▶ Data shown
================================

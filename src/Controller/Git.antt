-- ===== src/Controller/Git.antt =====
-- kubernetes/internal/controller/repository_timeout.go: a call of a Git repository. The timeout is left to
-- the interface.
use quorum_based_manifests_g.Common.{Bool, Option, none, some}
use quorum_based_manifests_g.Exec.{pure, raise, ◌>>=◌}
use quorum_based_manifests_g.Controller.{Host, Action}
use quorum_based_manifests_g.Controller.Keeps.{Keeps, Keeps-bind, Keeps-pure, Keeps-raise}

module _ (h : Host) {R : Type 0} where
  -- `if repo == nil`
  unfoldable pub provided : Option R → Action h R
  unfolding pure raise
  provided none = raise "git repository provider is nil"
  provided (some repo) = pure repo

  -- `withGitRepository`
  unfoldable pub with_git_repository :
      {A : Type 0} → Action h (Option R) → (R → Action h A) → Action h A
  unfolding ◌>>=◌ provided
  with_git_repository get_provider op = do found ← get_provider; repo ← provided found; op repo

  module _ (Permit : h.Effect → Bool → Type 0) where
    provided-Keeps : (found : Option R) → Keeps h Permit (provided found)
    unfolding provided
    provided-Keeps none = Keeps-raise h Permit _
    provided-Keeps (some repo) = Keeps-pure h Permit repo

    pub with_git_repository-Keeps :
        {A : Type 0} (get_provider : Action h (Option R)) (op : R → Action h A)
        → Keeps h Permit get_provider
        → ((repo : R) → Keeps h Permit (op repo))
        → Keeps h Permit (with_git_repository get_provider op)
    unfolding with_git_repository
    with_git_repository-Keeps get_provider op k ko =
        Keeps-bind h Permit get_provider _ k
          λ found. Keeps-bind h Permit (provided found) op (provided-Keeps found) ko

================================

▶ To do
Your answer should be one number, the count of lines in the records that contain the word "where".

▶ Task solution
2